British Gas boss clings to £2 million bonus


British Gas

British Gas horrified eight million hard-pressed customers yesterday, announcing an astonishing rise in energy prices. For thousands of people, an average £123 extra on their bills every year will leave them facing financial disaster, and there will be those left with a stark choice between heating and eating this winter.

So they will be particularly galled to hear that British Gas boss Chris Weston, will meanwhile be sitting pretty on a £2 million bonus.


The scale of the rises shocked many people. British Gas announced a 8.4% rise in gas prices and a 10.4% increase to electricity prices - dual fuel customers will see prices hiked 9.2%. The typical dual fuel customer will now see their energy bills top £1,444 a year.

Energy Secretary Edward Davey said: "This is extremely disappointing news for British Gas's customers, and the company will need to justify this decision openly and transparently."

The company tried to say it understood the frustrations of customers, and felt for them in these tough times. It blamed rising wholesale energy costs for the price rise. But for many people, the fact that British Gas parent company Centrica is making enormous profits exposes these as flimsy excuses. The company made £2.45 billion in profit last year, and is forecast to make £2.6 billion this year. Surely there was some wiggle room to give up some of these profits.

The company was faced with squeezing its customers or making marginally less money, and it chose to squeeze.

Fat cat

The Managing Director of Centrica is Chris Weston, which makes him ultimately responsible for this decision. His basic pay packet is £595,000. However, according to the Daily Mirror, he also is entitled to a short-term bonus of up to £892,000 and a long-term bonus of £1.2 million.

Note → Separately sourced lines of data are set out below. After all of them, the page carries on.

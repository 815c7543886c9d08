-- ===== src/MachineRepo.antt =====
-- The tables that the machine service reads and writes: internal/infrastructure/postgres/operation_repo.go,
-- and the reads by id of machine_repo.go and infraprovider_repo.go.
pub mod Machines
use talos_app.Prelude.{String, Bool, List, [], ◌∷◌, ◌++◌, ◌||◌, ◌==◌, str_eq, if◌then◌else◌, find}
use talos_app.Shared.{Uuid, touch, driver, sentinel, not_found}
use talos_app.Exec.{Exec, ok, err, pure, wrapped, ◌>>=◌, ◌>>◌}
use talos_app.Domain.Operation.{Operation}
use talos_app.Domain.Machine.{Machine, InfrastructureProvider}
use talos_app.Platform.{Platform, World, call, clock, new_id}
use talos_app.Platform.Rows.{update_rows, affects, or_not_found}

abbrev pub op_has_id : Uuid → Operation → Bool
op_has_id id o = o.id == id

abbrev pub op_has_key : String → Operation → Bool
op_has_key key o = str_eq o.idempotency_key key

abbrev pub machine_has_id : Uuid → Machine → Bool
machine_has_id id m = m.id == id

abbrev pub provider_has_id : Uuid → InfrastructureProvider → Bool
provider_has_id id p = p.id == id

-- The columns that `Update` sets.
unfoldable pub set_operation : Operation → Operation → Operation
set_operation o row = record row {
  status = o.status;
  result = o.result;
  started_at = o.started_at;
  finished_at = o.finished_at;
  timestamps = record {
    created_at = row.timestamps.created_at;
    updated_at = o.timestamps.updated_at;
  };
}

-- What is already there: the primary key, or the unique idempotency key.
abbrev pub op_clashes : Operation → List Operation → Bool
op_clashes o rows = affects (λ row. op_has_id o.id row || op_has_key o.idempotency_key row) rows

module _ {X : Type 0} (w : World) where
  unfoldable pub get_machine : Uuid → Exec (Platform X) Machine
  get_machine id = call w (λ s. (or_not_found (find (machine_has_id id) s.db.machines), s))

  unfoldable pub get_provider : Uuid → Exec (Platform X) InfrastructureProvider
  get_provider id = call w (λ s. (or_not_found (find (provider_has_id id) s.db.providers), s))

  unfoldable pub get_operation : Uuid → Exec (Platform X) Operation
  get_operation id = call w (λ s. (or_not_found (find (op_has_id id) s.db.operations), s))

  unfoldable pub get_operation_by_key : String → Exec (Platform X) Operation
  get_operation_by_key key = call w (λ s. (or_not_found (find (op_has_key key) s.db.operations), s))

  -- Both writes answer with the operation as the caller's pointer then shows it.
  unfoldable pub create_operation : Operation → Exec (Platform X) Operation
  create_operation given = do
    now ← clock w
    id ← (λ s. if given.id == 0 then new_id w s else (ok given.id, s))
    let o = record given { id = id; timestamps = touch now given.timestamps }
    wrapped "inserting operation" (
        call w (λ s.
          if op_clashes o s.db.operations
          then (err (driver "duplicate key"), s)
          else (ok tt, record s { db = record s.db { operations = s.db.operations ++ o ∷ [] } })))
    pure o

  unfoldable pub update_operation : Operation → Exec (Platform X) Operation
  update_operation given = do
    now ← clock w
    let o = record given { timestamps = touch now given.timestamps }
    wrapped "updating operation" (call w (λ s. (ok tt, s)))
    λ s.
        if affects (op_has_id o.id) s.db.operations
        then (
          ok o,
          record s {
            db = record s.db {
              operations = update_rows (op_has_id o.id) (set_operation o) s.db.operations;
            };
          },
        )
        else (err (sentinel not_found), s)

The newspaper reported that when asked whether he would give up his bonuses as a gesture of sympathy with hard-pressed companies, he gave up the opportunity to demonstrate a determination to put customers first. Instead he said: "It is a matter for the board."

You could argue that he has no obligation to give up his bonus - it's something he's contractually entitled to and he has made a small fortune for shareholders. However, there are plenty of bosses who have done so in order to demonstrate that their intentions are good.

Better examples

The boards of banks came under enormous pressure to do so after the financial crisis, and a number of bosses waived their bonuses. This set a real precedent for executives striving to win back the trust of their customers. Now many do so in response to a specific issue.

Back in February Barclays chief executive Anthony Jenkins said he would not be taking a bonus thought to be worth £1 million. He said that the bank had faced a number of difficulties of its own making, and that he accepted some responsibility for them. In those circumstances, he said it would be wrong for him to receive a bonus.

In July 2012 Ulster Bank CEO Jim Brown waived his bonus because of an IT glitch which had cut thousands of customers off from their funds.

And who can forget David James, who played a major part in rescuing the Millennium Dome from the prospect of failing before it opened, and waived his entire fee while he did so (which is usually £6,000 a day)?

In the greedy corporate world there are men and women who are willing to take a stand and put their money where their mouth is. It just appears that Weston is not one of them.